Microcalorimeter Absorber Optimization for ATHENA and LEM

Abstract

High quantum efficiency (QE) x-ray absorbers are needed for future x-ray astrophysics telescopes. The Advanced Telescope for High ENergy Astrophysics (ATHENA) mission requirements for the X-ray Integral Field Unit (X-IFU) instrument dictate, at their most stringent, that the absorber achieve vertical QE > 90.6% at 7 keV and low total heat capacity, 0.731 pJ/K. The absorber we have designed is 313 µm square composed of 1.05 µm Au and 5.51 µm electroplated Bi films [1]. Overhanging the TES, the absorber is mechanically supported by 6 small legs whose 5 µm diameter is tuned to the target thermal conductance for the device. Further requirements for the absorber for X-IFU include a > 40% reflectance at wavelengths from 1–20 µm to reduce shot noise from infrared radiation from higher temperature stages in the cryostat. We meet this requirement by capping our absorbers with an evaporated Ti/Au thin film. Additionally, narrow gaps between absorbers are required for high fill fraction, as well as low levels of fine particulate remaining on the substrate and zero shorts between absorbers that may cause thermal crosstalk.

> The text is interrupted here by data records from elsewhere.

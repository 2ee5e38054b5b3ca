-- ===== src/Lib.antt =====
-- The Fiberplane daemon `fpd`: a model of src/, and what is proved of it.
--
-- The daemon holds one WebSocket connection to the Fiberplane API and answers the messages that
-- come over it by calls of WebAssembly providers. Its parts, from the connection up:
--
-- - Websocket: src/tasks/tokio_tungstenite_reconnect/. `WebSocketKeepAlive` (Websocket/Keepalive, with
--   the children Writer and Reader for its two tasks) puts channels before a WebSocket, and pings.
--   `ReconnectingWebSocket` makes such connections one after the other: Websocket/Settings has the
--   builder, the handle (`send`, `recv`, `close`, `is_connected`) and the handshake request of
--   `initiate_connection`; Websocket/Connect the retries of `connect`; Websocket/WriteLoop and
--   Websocket/ReadLoop its two tasks. A task is a function `poll` from a state of its channels to the
--   next, one step from one await point to the next; a run is any sequence of moves, each a step of the
--   task or a change that another task makes. A `watch` channel is seen as its receiver sees it
--   (Websocket/Signal). Websocket/Pipe joins the write loops of all connections, which may overlap, with
--   the writers behind them into the way of an outgoing message; Websocket/Pipe/Pool is the pool that
--   this refines. Websocket/Intake joins the two read loops, up to what `recv` takes.
--   Websocket/Status joins the two loops of a connection by the disconnect channel between them,
--   whose value `is_connected` reads.
-- - Service: src/tasks/service.rs and src/tasks/service/. Service/Handle answers a server message
--   (`handle_message_inner`), by Service/Bindings, and logs its updates of the metrics
--   (src/tasks/metrics.rs, Service/Metrics). Service/StatusCheck has the retries of a check
--   (`DataSourceCheckTask`), Service/Update the updates of the states of the data sources, Service/Tasks
--   the task of `connect` that does these updates at each tick and tells the relay, whose view of the
--   data sources is in Service/Tasks/Relay. Service/Init makes the service, Service/Init/Endpoint its
--   URL; Service/Connect its socket, with the loop on what comes over it; Service/Outgoing has the task
--   that sends; Service/Running joins these three loops, the shutdown and Ctrl-C, as `connect` does;
--   Service/Health answers the health checks, for the connections of Service/Health/Serve.
-- - Providers: src/tasks/provider_manager.rs and src/runtime.rs. Providers/Pull downloads providers,
--   Providers/Build builds them, Providers/Archive has their loops over entries, Providers/Paths and
--   Providers/Texts the paths and texts. What they do to the disk is a list of effects.
-- - Daemon: `main` of src/main.rs, up to the call of `ProxyService::init`, and `initialize_logger`.
-- - Cli/Interval: `IntervalDuration::from_str` of src/cli.rs, on bytes.
-- - Base: the shared names, tests, lists, results, dictionaries and fixed-width numbers. Examples: runs,
--   and the theorems at concrete inputs.
--
-- A Rust call comes to `ok`, `err` or `panicked` (`Outcome`). Fixed-width arithmetic is written out
-- for both build profiles: an overflow panics in a debug build and wraps in a release build. A
-- `HashMap` is an association list, whose order stands for the iteration order. Durations are
-- nanoseconds.
--
-- What is not in the repository is a parameter: the provider runtime and the serializers (`Host`),
-- `f32` (`Floats`), the crates url (`UrlCrate`), http and tungstenite (`Http`, and the answers of the
-- network at each attempt), GitHub and the readers of archives (`Octocrab`, `Client`), and the disk
-- (`Disk`, `World`). Hypotheses on them are named: `Returns` (no panic), `InRange` with `Starts` (the delays
-- that follow from the first tasks of the status checks fit a `Duration`), `KeepsSchemes` (the crate
-- url joins paths and exchanges schemes as it documents).
--
-- Fuel: `connect` has a round for each of its `max_retries` retries and one for the first attempt,
-- which is enough. The delays of a status check have a round for each retry and one more, which is
-- enough. The numerals of Cli/Interval/Decimal have more rounds than digits. `trim_start_matches`
-- has a round for each byte, which is enough (Providers/Texts/Laws).
--
-- Websocket/WriteLoop alone is one loop on its channels; Websocket/Pipe has several. In
-- Service/Update/Join a check answers alike whenever it is made. Header names are in lower case, as the
-- crate http keeps them. A clone of a `watch` receiver has the value of the channel and what
-- its origin has not seen (Websocket/Status).
--
-- Not modelled: tracing, the registration and the export of the metrics, and what hyper, clap and
-- prometheus do themselves.
pub mod Base
pub mod Websocket
pub mod Service
pub mod Cli
pub mod Providers
pub mod Daemon
pub mod Examples
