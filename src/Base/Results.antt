-- ===== src/Base/Results.antt =====
-- What a Rust call comes to: a value, an `Err`, or a panic. `?` is the bind.
use mathlib.Core.Path.{◌≡◌, refl, ap}
use mathlib.Core.Option.{Option, none, some}

pub data Outcome {ℓ κ} (E : Type ℓ) (A : Type κ) : Type (ℓ ⊔ κ) where
  ok : A → Outcome E A
  err : E → Outcome E A
  panicked : Outcome E A

infixl 5 ◌>>=◌ ◌>>◌
abbrev pub ◌>>=◌ {ℓ κ μ} :
    {E : Type ℓ} {A : Type κ} {B : Type μ} → Outcome E A → (A → Outcome E B) → Outcome E B
ok a >>= f = f a
err e >>= f = err e
panicked >>= f = panicked

abbrev pub ◌>>◌ {ℓ κ} : {E : Type ℓ} {B : Type κ} → Outcome E (Unit {0}) → Outcome E B → Outcome E B
m >> k = m >>= λ _. k

-- `Result::map_err`
abbrev pub map_err {ℓ κ μ} :
    {E : Type ℓ} {F : Type κ} {A : Type μ} → (E → F) → Outcome E A → Outcome F A
map_err f (ok a) = ok a
map_err f (err e) = err (f e)
map_err f panicked = panicked

-- `Option::ok_or`
abbrev pub ok_or {ℓ κ} : {E : Type ℓ} {A : Type κ} → E → Option A → Outcome E A
ok_or e none = err e
ok_or e (some a) = ok a

-- `Option::unwrap`
abbrev pub unwrap {ℓ κ} : {E : Type ℓ} {A : Type κ} → Option A → Outcome E A
unwrap none = panicked
unwrap (some a) = ok a

-- What the call returns, if it does.
abbrev pub returned {ℓ κ} : {E : Type ℓ} {A : Type κ} → Outcome E A → Option A
returned (ok a) = some a
returned _ = none

-- Inversion of a `?` that went on.
pub bind-eq-ok {ℓ κ μ} :
    {E : Type ℓ} {A : Type κ} {B : Type μ} (m : Outcome E A) (f : A → Outcome E B) {b : B}
    → (m >>= f) ≡ ok b
    → (a : A) × (m ≡ ok a) × (f a ≡ ok b)
bind-eq-ok (ok a) f h = (a, refl, h)
bind-eq-ok (err e) f h = cc
bind-eq-ok panicked f h = cc

pub bind-ok {ℓ κ μ} :
    {E : Type ℓ} {A : Type κ} {B : Type μ} {m : Outcome E A} (f : A → Outcome E B) {a : A}
    → m ≡ ok a
    → (m >>= f) ≡ f a
bind-ok f h = ap (λ m. m >>= f) h
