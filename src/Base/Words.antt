-- ===== src/Base/Words.antt =====
-- Rust's fixed-width arithmetic. With the overflow checks of a debug build an operation that
-- leaves its range panics; without them, as in a release build, it wraps.
use Prim.Native.Nat.{ℕ, ◌+◌, ◌-◌, ◌*◌, ◌%◌, ◌^◌, ◌<◌}
use mathlib.Core.Path.{◌≡◌}
use native.Mathlib.Nat.{pow-le-pow_right, mod-eq_of_lt}
use native.Mathlib.Omega.{arith}
use fpd.Base.Tests.{ltb, leb, if◌then◌else◌}
use fpd.Base.Results.{Outcome, ok, panicked}

pub data Profile : Type 0 where
  debug release : Profile

abbrev pub u32_mod : ℕ
u32_mod = 4294967296

abbrev pub u64_mod : ℕ
u64_mod = 18446744073709551616

-- An exact result brought into the range below `m`.
unfoldable pub fit {ℓ} : {E : Type ℓ} → Profile → ℕ → ℕ → Outcome E ℕ
fit debug m n = if ltb n m then ok n else panicked
fit release m n = ok (n % m)

abbrev pub add_u32 {ℓ} : {E : Type ℓ} → Profile → ℕ → ℕ → Outcome E ℕ
add_u32 p a b = fit p u32_mod (a + b)

abbrev pub mul_u64 {ℓ} : {E : Type ℓ} → Profile → ℕ → ℕ → Outcome E ℕ
mul_u64 p a b = fit p u64_mod (a * b)

abbrev pub pow_u64 {ℓ} : {E : Type ℓ} → Profile → ℕ → ℕ → Outcome E ℕ
pow_u64 p a b = fit p u64_mod (a ^ b)

-- `a - 1` in `usize`: at 0 it panics, or wraps to `usize::MAX`.
abbrev pub pred_usize {ℓ} : {E : Type ℓ} → Profile → ℕ → Outcome E ℕ
pred_usize debug n = if leb 1 n then ok (n - 1) else panicked
pred_usize release n = ok ((n + u64_mod - 1) % u64_mod)

-- A result within the range is exact under both profiles.
pub fit-eq_of_lt {ℓ} : {E : Type ℓ} (p : Profile) (m n : ℕ) → n < m → fit {E = E} p m n ≡ ok n
unfolding fit
fit-eq_of_lt debug m n h = ground arith
fit-eq_of_lt release m n h = rw (mod-eq_of_lt h)

pub pow_u64-eq {ℓ} :
    {E : Type ℓ} (p : Profile) (k : ℕ) → k < 64 → pow_u64 {E = E} p 2 k ≡ ok (2 ^ k)
pow_u64-eq p k h =
    fit-eq_of_lt p u64_mod (2 ^ k)
      (omega (arith, pow-le-pow_right {n = 2} (omega arith) {i = k} {j = 63} (omega arith)))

The Light Element Mapper (LEM) is an X-ray probe concept optimized to explore the soft X-ray emission from 0.2–2.0 keV. These pixels for LEM require high residual resistance ratio (RRR) thin 0.5 µm Au absorbers to thermalize uniformly and narrow < 2 µm gaps between pixels for high areal fill fraction. This paper reports upon technology developments required to successfully yield arrays of pixels for both mission concepts and presents first testing results of devices with these new absorber recipes.